I would not hesitate to say that, as an actor, outdoor theater is one of the most challenging projects you can take on. It is certainly one of the most daunting. However, once you’re out there under the warm sun and blue sky with a smiling audience spread out on a sea of green grass in front of you, you won’t regret making that choice. It’s a unique feeling that I hope to share, and one that I hope students involved with “Shakespeare in the Courtyard” continue to bring to life on the UMass campus.

End-of-semester performances from classes have been around for years at the Department of Theater. A recent incarnation of this tradition is Collaboralapalooza, which, as the name implies, brings together the talents of students from a number of courses. Kylee Denesha explains below.

On the evenings of Wednesday, April 28 and Thursday April 29th, the UMass Department of Theater held its Spring Directing II Showcase, called Collaboralapalooza.

Students from the Directing II class work in partnership with Sound Design, Light Design, Costume Design, and Stage Management classes to create an arrangement of 3 student-run shows per night that are under 1 hour in run-time, with a 10 minute intermission between each.
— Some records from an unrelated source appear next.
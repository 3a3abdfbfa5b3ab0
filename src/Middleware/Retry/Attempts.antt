-- ===== src/Middleware/Retry/Attempts.antt =====
-- Which attempt decides.
use cascade_proxy.Common.{
  ℕ, zero, suc, ◌<◌, ◌≤◌, ◌≡◌, ◌⊎◌, refl, sym, ap, ◌∙◌, Bool, true, false, Option, none, some, List,
  ◌++◌, arith, append_assoc, Bool-cases, inl, inr,
}
use cascade_proxy.Http.{Header, Handler, Request, WriteOp, Clock, header_after}
use cascade_proxy.Middleware.Recording.{Recording}
use cascade_proxy.Middleware.Retry.{Config, is_retryable, attempt, attempts, handle}

module _ {W : Type 0} (clock : Clock W) (rec : Recording) (cfg : Config) (next : Handler W)
    (r : Request) where
  -- Attempt `k`, from 0 on, with what it finds: the calls that it makes, and those that reach the
  -- wrapped writer up to its end. Between two attempts the delay passes.
  abbrev pub found_at : ℕ → Header → W → Header × W
  found_at zero h w = (h, w)
  found_at (suc k) h w =
      let (ops, w') = next r h w in
      found_at k (header_after h (rec.passed ops)) (clock.sleep cfg.delay w')

  abbrev pub run_at : ℕ → Header → W → List WriteOp × W
  run_at k h w = let (h', w') = found_at k h w in next r h' w'

  abbrev pub passed_to : ℕ → Header → W → List WriteOp
  passed_to zero h w = rec.passed (next r h w).0
  passed_to (suc k) h w =
      let (ops, w') = next r h w in
      rec.passed ops ++ passed_to k (header_after h (rec.passed ops)) (clock.sleep cfg.delay w')

  abbrev pub fails : ℕ → Header → W → Bool
  fails k h w = is_retryable cfg (rec.status (run_at k h w).0)

  -- Attempt `k` ends the handler, if `n` are left behind the first.
  pub record Ends (n k : ℕ) (h : Header) (w : W) (got : List WriteOp × W) : Type 0 where
    pub within : k ≤ n
    pub before : (j : ℕ) → j < k → fails j h w ≡ true
    pub enough : (fails k h w ≡ false) ⊎ (k ≡ n)
    pub told : got.0 ≡ passed_to k h w ++ rec.flush (run_at k h w).0
    pub world : got.1 ≡ (run_at k h w).1

  fails_before :
      (j k : ℕ) (h : Header) (w : W)
      → fails 0 h w ≡ true
      → ((i : ℕ) → i < k → fails i (found_at 1 h w).0 (found_at 1 h w).1 ≡ true)
      → j < suc k
      → fails j h w ≡ true
  fails_before zero k h w first later lt = first
  fails_before (suc j) k h w first later lt = later j (omega arith)

  attempt-Ends :
      (n : ℕ) (h : Header) (w : W) → (k : ℕ) × Ends n k h w (attempt clock rec cfg next n r h w)
  unfolding attempt
  attempt-Ends zero h w = (
    0,
    record {
      within = omega arith;
      before = λ j lt. absurd (ground arith);
      enough = inr refl;
      told = refl;
      world = refl;
    },
  )
  attempt-Ends (suc n) h w = elim (Bool-cases (is_retryable cfg (rec.status (next r h w).0))) [
    | inr good ↦ (
      0,
      rw good (record {
        within = omega arith;
        before = λ j lt. absurd (ground arith);
        enough = inl good;
        told = refl;
        world = refl;
      }),
    )
    | inl bad ↦
        let (ops, w') = next r h w in
        let (k, ends) =
          attempt-Ends n (header_after h (rec.passed ops)) (clock.sleep cfg.delay w') in
        (
          suc k,
          rw bad (record {
            within = omega (arith, ends.within);
            before = λ j lt. fails_before j k h w bad ends.before lt;
            enough = elim ends.enough [ inl good ↦ inl good | inr last ↦ inr (ap suc last) ];
            told =
                ap (◌++◌ (rec.passed ops)) ends.told
                ∙ sym (
                    append_assoc (rec.passed ops)
                      (passed_to k (found_at 1 h w).0 (found_at 1 h w).1) _);
            world = ends.world;
          }),
        )
  ]

  -- What becomes of a request when so many attempts are configured.
  abbrev pub Tries : ℕ → Header → W → Option (List WriteOp × W) → Type 0
  Tries zero h w o = o ≡ none
  Tries (suc n) h w o = (k : ℕ) × (got : List WriteOp × W) × (o ≡ some got) × Ends n k h w got

  attempts-Tries : (m : ℕ) (h : Header) (w : W) → Tries m h w (attempts clock rec cfg next m r h w)
  unfolding attempts
  attempts-Tries zero h w = refl
  attempts-Tries (suc n) h w =
      let (k, ends) = attempt-Ends n h w in (k, attempt clock rec cfg next n r h w, refl, ends)

  -- With no attempt configured the handler panics. Else it makes attempts, at most as many as that,
  -- up to the first whose status is not retryable or to the last one: the client's writer is told
  -- all that the attempts pass on and then what the last one's recorder flushes, and the world is
  -- left as that attempt leaves it.
  pub handle-Tries :
      (h : Header) (w : W) → Tries cfg.max_attempts h w (handle clock rec cfg next r h w)
  unfolding handle
  handle-Tries h w = attempts-Tries cfg.max_attempts h w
The students have been working collaboratively since mid-February.

“I’m so proud of the hard work and dedication that these students put in” said Gina Kauffmann, Directing II professor and Directing Advisor.
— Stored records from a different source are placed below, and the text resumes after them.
-- ===== src/EventStore/Load.antt =====
-- `load` of infrastructure/repos/wallet/wallet_command_repo.py, on the rows that the query returned.
use microservice_wallet_serv.Base.{ℕ, List, [], ◌∷◌, some, none}
use microservice_wallet_serv.Errors.{Uuid, Result, ok, err, value_error, wallet_not_found, ◌>>=◌}
use microservice_wallet_serv.Event.{Body, created, WalletEvent}
use microservice_wallet_serv.Event.Json.{Codec}
use microservice_wallet_serv.Event.Serial.{Fresh, event_from_dict}
use microservice_wallet_serv.Aggregate.{WalletAggregate, new_aggregate, when}
use microservice_wallet_serv.EventStore.{EventRow}

-- `events[-1].aggregate_version`
unfoldable pub last_version : EventRow → List EventRow → ℕ
last_version r [] = r.aggregate_version
last_version r (x ∷ xs) = last_version x xs

module _ (C : Codec) (fresh : Fresh) where
  unfoldable pub decode_row : EventRow → Result WalletEvent
  decode_row r = event_from_dict C fresh r.event_type r.event_payload

  -- `for stored_event in events: … aggregate.when(domain_event)`
  unfoldable pub rehydrate : List EventRow → WalletAggregate → Result WalletAggregate
  rehydrate [] a = ok a
  rehydrate (r ∷ rows) a = do e ← decode_row r; rehydrate rows (when e a)

  -- the aggregate that the first event makes, if that is a creation
  unfoldable pub initial : WalletEvent → Body → Result WalletAggregate
  initial e (created currency) = new_aggregate fresh.now e.wallet_id e.user_id currency
  initial e _ = err (value_error "Expected WalletCreatedEvent as first event")

  -- `load`, on the aggregate's rows in order
  unfoldable pub load_rows : Uuid → List EventRow → Result WalletAggregate
  unfolding decode_row rehydrate initial last_version
  load_rows id [] = err (wallet_not_found (some id) none)
  load_rows id (r ∷ rows) = do
    first ← decode_row r
    a ← initial first first.body
    b ← rehydrate (r ∷ rows) a
    ok (record b { version = last_version r rows })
The first night of Collaboralapalooza opened with Women and Wallace [Jonathan Sherman], directed by Cory Missildine, about one man and his life, told from his perspective. Wallace experiences hardship as a young child with the death of his mother and shares the story of his interaction with women as he grows up, and how his mother stays with him.

“We rehearse for about 10 hours a week, and I found myself getting really attached to my character,” said  Frank Schuth, who played Wallace. “Wallace is vulnerable, and I did lots of studying so I could make sure I was relating to him. Wallace’s mom was similar to Sylvia Plath; I spent a lot of time researching her”.

“Being in the Directing II performance was so amazing,” said Helen Woods, who played Wendy. “Everyone worked well together, and working with Cory was great”.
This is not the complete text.